Let $V$ be an $n$-dimensional vector space over a finite field $\mathbb{F}_q$. We know that the number of $k$-dimensional subspaces of $V$ is given by the $q$-binomial coefficient $$\binom{n}{k}_q = \frac{(q^n-1) \cdots (q^n-q^{k-1})}{(q^k-1) \cdots (q^k-q^{k-1})}.$$ What can we say about the number of all subspaces of $V$, which is thus given by $$s(n,q) := \sum_{k=0}^{n} \binom{n}{k}_q~?$$ This is a polynomial in $q$ with coefficients in $\mathbb{N}$. Is there are more concrete description? I already know that the coefficients count certain partitions, but I am not so much interested in the coefficients than in a closed or computable form. Can we write $s(n,q)$ as a sort of $q$-analog of a power of $2$? (In the limit case $q \to 1$, we will get $2^n$.) Is there a recurrence relation? Do these numbers have a name?

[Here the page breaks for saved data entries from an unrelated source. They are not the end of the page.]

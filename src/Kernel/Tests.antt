-- ===== src/Kernel/Tests.antt =====
-- The dispatch of a packet, at a login request.
use nest_disk.Base.{true, false, pos, ◌≡◌, ◌↔◌, [], ◌∷◌, ◌++◌, arith}
use nest_disk.Net.Frame.{le_bytes}
use nest_disk.Net.Loop.{start}
use nest_disk.Kernel.Open.{Os, loops, null_net, main}
use nest_disk.Kernel.Open.Started.{IsReady, main-loops}
use nest_disk.Kernel.{login_rq, deal_data, set_net_pack_map, calls, overread}
use nest_disk.Kernel.Protocol.{pack_type, deal_data-pack_type}

deal_data-pack_type_example :
    ((deal_data set_net_pack_map (le_bytes 10002 ++ (1 ∷ 2 ∷ [])) ≡ calls login_rq)
      ↔ (10002 ≡ pack_type login_rq))
    × ¬ (deal_data set_net_pack_map (le_bytes 10002 ++ (1 ∷ 2 ∷ [])) ≡ overread)
deal_data-pack_type_example = deal_data-pack_type 10002 (1 ∷ 2 ∷ []) login_rq (omega arith)

-- All calls succeed.
abbrev good_start : Os
good_start = record {
  mysql_connects = true;
  threads_start = true;
  socket = pos 3;
  setsockopt = pos 0;
  bind = pos 0;
  listen = pos 0;
  epoll_create = pos 4;
}

main-loops_example :
    ((main good_start (pos 8000) ≡ loops (start (pos 3) (pos 4)) set_net_pack_map) ↔ (
      IsReady good_start
      × (start (pos 3) (pos 4) ≡ start (pos 3) (pos 4))
      × (set_net_pack_map ≡ set_net_pack_map)))
    × ((main good_start (pos 8000) ≡ null_net) ↔ (true ≡ false))
main-loops_example = main-loops good_start (pos 8000) (start (pos 3) (pos 4)) set_net_pack_map
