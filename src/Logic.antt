-- ===== src/Logic.antt =====
-- src/clogic.cpp, include/clogic.h: the handlers of the server, and what they share.
pub mod Sessions
pub mod Account
pub mod Upload
pub mod Download
pub mod Share
pub mod Folder
pub mod Tree
pub mod Delete
pub mod Link
pub mod FolderDownload
pub mod Video
pub mod Serve
pub mod Lists
pub mod Resume
pub mod Tests
use nest_disk.Base.{Text, [], ◌∷◌, ◌++◌, ℕ, ℤ, pos, ◌+ℤ◌, ◌*ℤ◌, to_int}

-- `CLogic::number`, a 64-bit `long`.
abbrev pub number : ℤ
number = pos 1000000000

-- `int64_t user_time = userid * number() + timestamp`. The factors are of type `int`, so 64 bits hold
-- the result.
unfoldable pub user_time : ℤ → ℤ → ℤ
user_time userid timestamp = userid *ℤ number +ℤ timestamp

-- The key that `m_mapTimstampToFileinfo`, a `MyMap<int, FileInfo*>`, gets for it: the conversion to
-- `int` keeps the low 32 bits.
unfoldable pub session_key : ℤ → ℤ → ℤ
session_key userid timestamp = to_int (user_time userid timestamp)

-- The texts "file" and "folder", which stand in the column `f_type`.
abbrev pub file_type : Text
file_type = b'f' ∷ b'i' ∷ b'l' ∷ b'e' ∷ []

abbrev pub folder_type : Text
folder_type = b'f' ∷ b'o' ∷ b'l' ∷ b'd' ∷ b'e' ∷ b'r' ∷ []

-- `dir + name + "/"`, the directory of a folder's entries.
abbrev pub subdir : Text → Text → Text
subdir dir name = (dir ++ name) ++ (b'/' ∷ [])
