-- ===== src/Logic/Account.antt =====
-- src/clogic.cpp: `RegisterRq` and `LoginRq`.
pub mod Replies
pub mod Login
pub mod Isolation
use nest_disk.Base.{
  ℤ, pos, negsuc, eq_ℤ, Text, text_eq, not, Option, none, some, List, [], ◌∷◌, Piece, lit, str, int,
  if◌then◌else◌,
}
use nest_disk.Packet.{
  RegisterRq, LoginRq, register_rs, login_rs, user_is_exist, register_success, register_error,
  user_not_exist, password_error, login_success, def_content_size, max_path_size, max_size,
}
use nest_disk.MyMap.{insert}
use nest_disk.Env.{
  M, ◌>>=◌, ◌>>◌, pure, stop, modify, call, made_dir, send_data, sprintf, copy_to, number_of,
  pop_front,
}
use nest_disk.Mysql.{select_mysql, updata_mysql}

abbrev pub register_reply : ℤ → ℤ → M (Unit {0})
register_reply fd r = send_data fd (register_rs (record { result = r }))

abbrev pub select_tel : RegisterRq → List Piece
select_tel rq = lit "select u_tel from t_user where u_tel='" ∷ str rq.tel ∷ lit "';" ∷ []

abbrev pub insert_user : RegisterRq → List Piece
insert_user rq =
    lit "insert into t_user(u_name,u_tel,u_password) values('"
    ∷ str rq.name
    ∷ lit "','"
    ∷ str rq.tel
    ∷ lit "','"
    ∷ str rq.password
    ∷ lit "');"
    ∷ []

abbrev pub select_id : RegisterRq → List Piece
select_id rq = lit "select u_id from t_user where u_tel='" ∷ str rq.tel ∷ lit "';" ∷ []

abbrev pub user_dir : ℤ → List Piece
user_dir id = lit "/home/xx/Node/NetDisk/" ∷ int id ∷ lit "/" ∷ []

-- The user's directory, if the query found an id.
pub make_user_dir : ℤ → List Text → M (Unit {0})
make_user_dir fd [] = pure tt
make_user_dir fd (t ∷ strlst) = do
  id ← number_of t
  path ← sprintf max_path_size (user_dir id)
  r ← call (made_dir path) (λ sys. sys.mkdir)
  if eq_ℤ r (negsuc 0) then (register_reply fd register_error >> stop) else pure tt

-- The new user's id is asked for.
pub find_id : RegisterRq → ℤ → M (Unit {0})
find_id rq fd = do
  sql ← sprintf def_content_size (select_id rq)
  (found, strlst) ← select_mysql sql 1 []
  if not found then (register_reply fd register_error >> stop) else make_user_dir fd strlst

-- The branch for a telephone number that is not registered.
pub create_user : RegisterRq → ℤ → M (Unit {0})
create_user rq fd = do
  sql ← sprintf def_content_size (insert_user rq)
  res ← updata_mysql sql
  if not res then (register_reply fd register_error >> stop) else find_id rq fd

-- What the first query found.
pub register_found : RegisterRq → ℤ → List Text → M (Unit {0})
register_found rq fd [] = create_user rq fd >> register_reply fd register_success
register_found rq fd (_ ∷ _) = register_reply fd user_is_exist

pub register_rq : RegisterRq → ℤ → M (Unit {0})
register_rq rq fd = do
  sql ← sprintf def_content_size (select_tel rq)
  (res, strlst) ← select_mysql sql 1 []
  if not res then (register_reply fd register_error >> stop) else register_found rq fd strlst

abbrev pub login_reply : ℤ → ℤ → ℤ → Option Text → M (Unit {0})
login_reply fd r id name = send_data fd (login_rs (record { result = r; userid = id; name = name }))

abbrev pub select_password : LoginRq → List Piece
select_password rq =
    lit "select u_password,u_id,u_name from t_user where u_tel='" ∷ str rq.tel ∷ lit "'" ∷ []

-- The session that is kept for a user who has logged in. An entry that is there is overwritten in
-- every field.
pub keep_session : ℤ → ℤ → Text → M (Unit {0})
keep_session id fd name =
    modify λ s. record s {
      users = insert id (record { userid = id; clientfd = fd; name = name }) s.users;
    }

-- The branch for the right password.
pub let_in : ℤ → ℤ → Text → M (Unit {0})
let_in fd id name = do
  copied ← copy_to max_size name
  keep_session id fd copied
  login_reply fd login_success id (some copied)

-- The branch for a query that gave something.
pub login_found : LoginRq → ℤ → List Text → M (Unit {0})
login_found rq fd lststr = do
  (pass, l1) ← pop_front lststr
  (t, l2) ← pop_front l1
  id ← number_of t
  (name, l3) ← pop_front l2
  if not (text_eq rq.password pass)
      then (login_reply fd password_error (pos 0) none >> stop)
      else let_in fd id name

pub login_answer : LoginRq → ℤ → List Text → M (Unit {0})
login_answer rq fd [] = login_reply fd user_not_exist (pos 0) none
login_answer rq fd (t ∷ ts) = login_found rq fd (t ∷ ts)

-- A failed query is only logged: the list is then empty.
pub login_rq : LoginRq → ℤ → M (Unit {0})
login_rq rq fd = do
  sql ← sprintf def_content_size (select_password rq)
  (res, lststr) ← select_mysql sql 3 []
  login_answer rq fd lststr
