-- ===== src/Logic/Account/Isolation.antt =====
-- src/clogic.cpp: what the pieces of the handlers in Account send, and to whom.
use nest_disk.Base.{ℤ, Text, List, [], ◌∷◌}
use nest_disk.Packet.{def_pack_login_rs, def_pack_register_rs, LoginRq, RegisterRq}
use nest_disk.Env.Isolation.{to, OnlyTo}
use nest_disk.Env.Pieces.{pieces}
use nest_disk.Logic.Account.{
  make_user_dir, find_id, create_user, register_found, register_rq, keep_session, let_in,
  login_found, login_answer, login_rq,
}

pub make_user_dir-OnlyTo :
    (fd : ℤ) (l : List Text) → OnlyTo (to fd (def_pack_register_rs ∷ [])) (make_user_dir fd l)
unfolding make_user_dir
make_user_dir-OnlyTo fd [] = search pieces depth 30
make_user_dir-OnlyTo fd (t ∷ strlst) = search pieces depth 30

pub find_id-OnlyTo :
    (fd : ℤ) (rq : RegisterRq) → OnlyTo (to fd (def_pack_register_rs ∷ [])) (find_id rq fd)
unfolding find_id
find_id-OnlyTo fd rq = search (pieces, make_user_dir-OnlyTo) depth 30

pub create_user-OnlyTo :
    (fd : ℤ) (rq : RegisterRq) → OnlyTo (to fd (def_pack_register_rs ∷ [])) (create_user rq fd)
unfolding create_user
create_user-OnlyTo fd rq = search (pieces, find_id-OnlyTo) depth 30

pub register_found-OnlyTo :
    (fd : ℤ) (rq : RegisterRq) (l : List Text)
    → OnlyTo (to fd (def_pack_register_rs ∷ [])) (register_found rq fd l)
unfolding register_found
register_found-OnlyTo fd rq [] = search (pieces, create_user-OnlyTo) depth 30
register_found-OnlyTo fd rq (_ ∷ _) = search (pieces, create_user-OnlyTo) depth 30

pub register_rq-OnlyTo :
    (fd : ℤ) (rq : RegisterRq) → OnlyTo (to fd (def_pack_register_rs ∷ [])) (register_rq rq fd)
unfolding register_rq
register_rq-OnlyTo fd rq = search (pieces, register_found-OnlyTo) depth 30

pub keep_session-OnlyTo :
    (fd : ℤ) (id : ℤ) (name : Text)
    → OnlyTo (to fd (def_pack_login_rs ∷ [])) (keep_session id fd name)
unfolding keep_session
keep_session-OnlyTo fd id name = search pieces depth 30

pub let_in-OnlyTo :
    (fd : ℤ) (id : ℤ) (name : Text) → OnlyTo (to fd (def_pack_login_rs ∷ [])) (let_in fd id name)
unfolding let_in
let_in-OnlyTo fd id name = search (pieces, keep_session-OnlyTo) depth 30

pub login_found-OnlyTo :
    (fd : ℤ) (rq : LoginRq) (lststr : List Text)
    → OnlyTo (to fd (def_pack_login_rs ∷ [])) (login_found rq fd lststr)
unfolding login_found
login_found-OnlyTo fd rq lststr = search (pieces, let_in-OnlyTo) depth 30

pub login_answer-OnlyTo :
    (fd : ℤ) (rq : LoginRq) (l : List Text)
    → OnlyTo (to fd (def_pack_login_rs ∷ [])) (login_answer rq fd l)
unfolding login_answer
login_answer-OnlyTo fd rq [] = search (pieces, login_found-OnlyTo) depth 30
login_answer-OnlyTo fd rq (t ∷ ts) = search (pieces, login_found-OnlyTo) depth 30

pub login_rq-OnlyTo :
    (fd : ℤ) (rq : LoginRq) → OnlyTo (to fd (def_pack_login_rs ∷ [])) (login_rq rq fd)
unfolding login_rq
login_rq-OnlyTo fd rq = search (pieces, login_answer-OnlyTo) depth 30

It is tempting to use the $q$-binomial theorem, which states $$(x+y)^n = \sum_{k=0}^{n} \binom{n}{k}_q x^k y^{n-k}$$ in the ring $\mathbb{Z}\langle x,y : yx=q xy \rangle$. But we cannot simply plug in $x=y=1$ here, since this does not define a ring homomorphism.
Here are some examples:
$s(0,q)=1\\ s(1,q)=2\\ s(2,q)=q+3\\ s(3,q)=2 q^2+2 q+4\\ s(4,q)=q^4+3 q^3+4 q^2+3 q+5\\ s(5,q)=2 q^6+2 q^5+6 q^4+6 q^3+6 q^2+4 q+6\\ s(6,q)=q^9+3 q^8+4 q^7+7 q^6+9 q^5+11 q^4+9 q^3+8 q^2+5 q+7\\ s(7,q)=2 q^{12}{+}2 q^{11}{+}6 q^{10}{+}8 q^9{+}12 q^8{+}12 q^7{+}18 q^6{+}16 q^5{+}16 q^4{+}12 q^3{+}10 q^2{+}6 q{+}8$
I have found a recurrence relation.
For a subset $J \subseteq V$, let $S(J)$ denote the set of all subspaces of $V$ containing $J$. These correspond to subspaces of $V/\langle J\rangle$. It follows that $\# S(J) = s(n-\dim \langle J \rangle,q)$.
By inclusion-exclusion principle, we have
$$s(n,q) = 1 + \# \bigcup_{v \in V \setminus \{0\}} \# S(\{v\})\\=1+\sum_{J \subseteq V \setminus \{0\},\, J \neq \emptyset} (-1)^{1+\# J} \cdot \# S(J)\\=1+\sum_{J \subseteq V \setminus \{0\},\, J \neq \emptyset} (-1)^{1+\# J} \cdot s(n-\dim \langle J \rangle,q)\\ =1+\sum_{k=1}^{n} \left(\sum_{J \subseteq V \setminus \{0\},\, \dim \langle J \rangle =k} (-1)^{1+\# J}\right) \cdot s(n-k,q).$$
So it suffices to describe these coefficients here.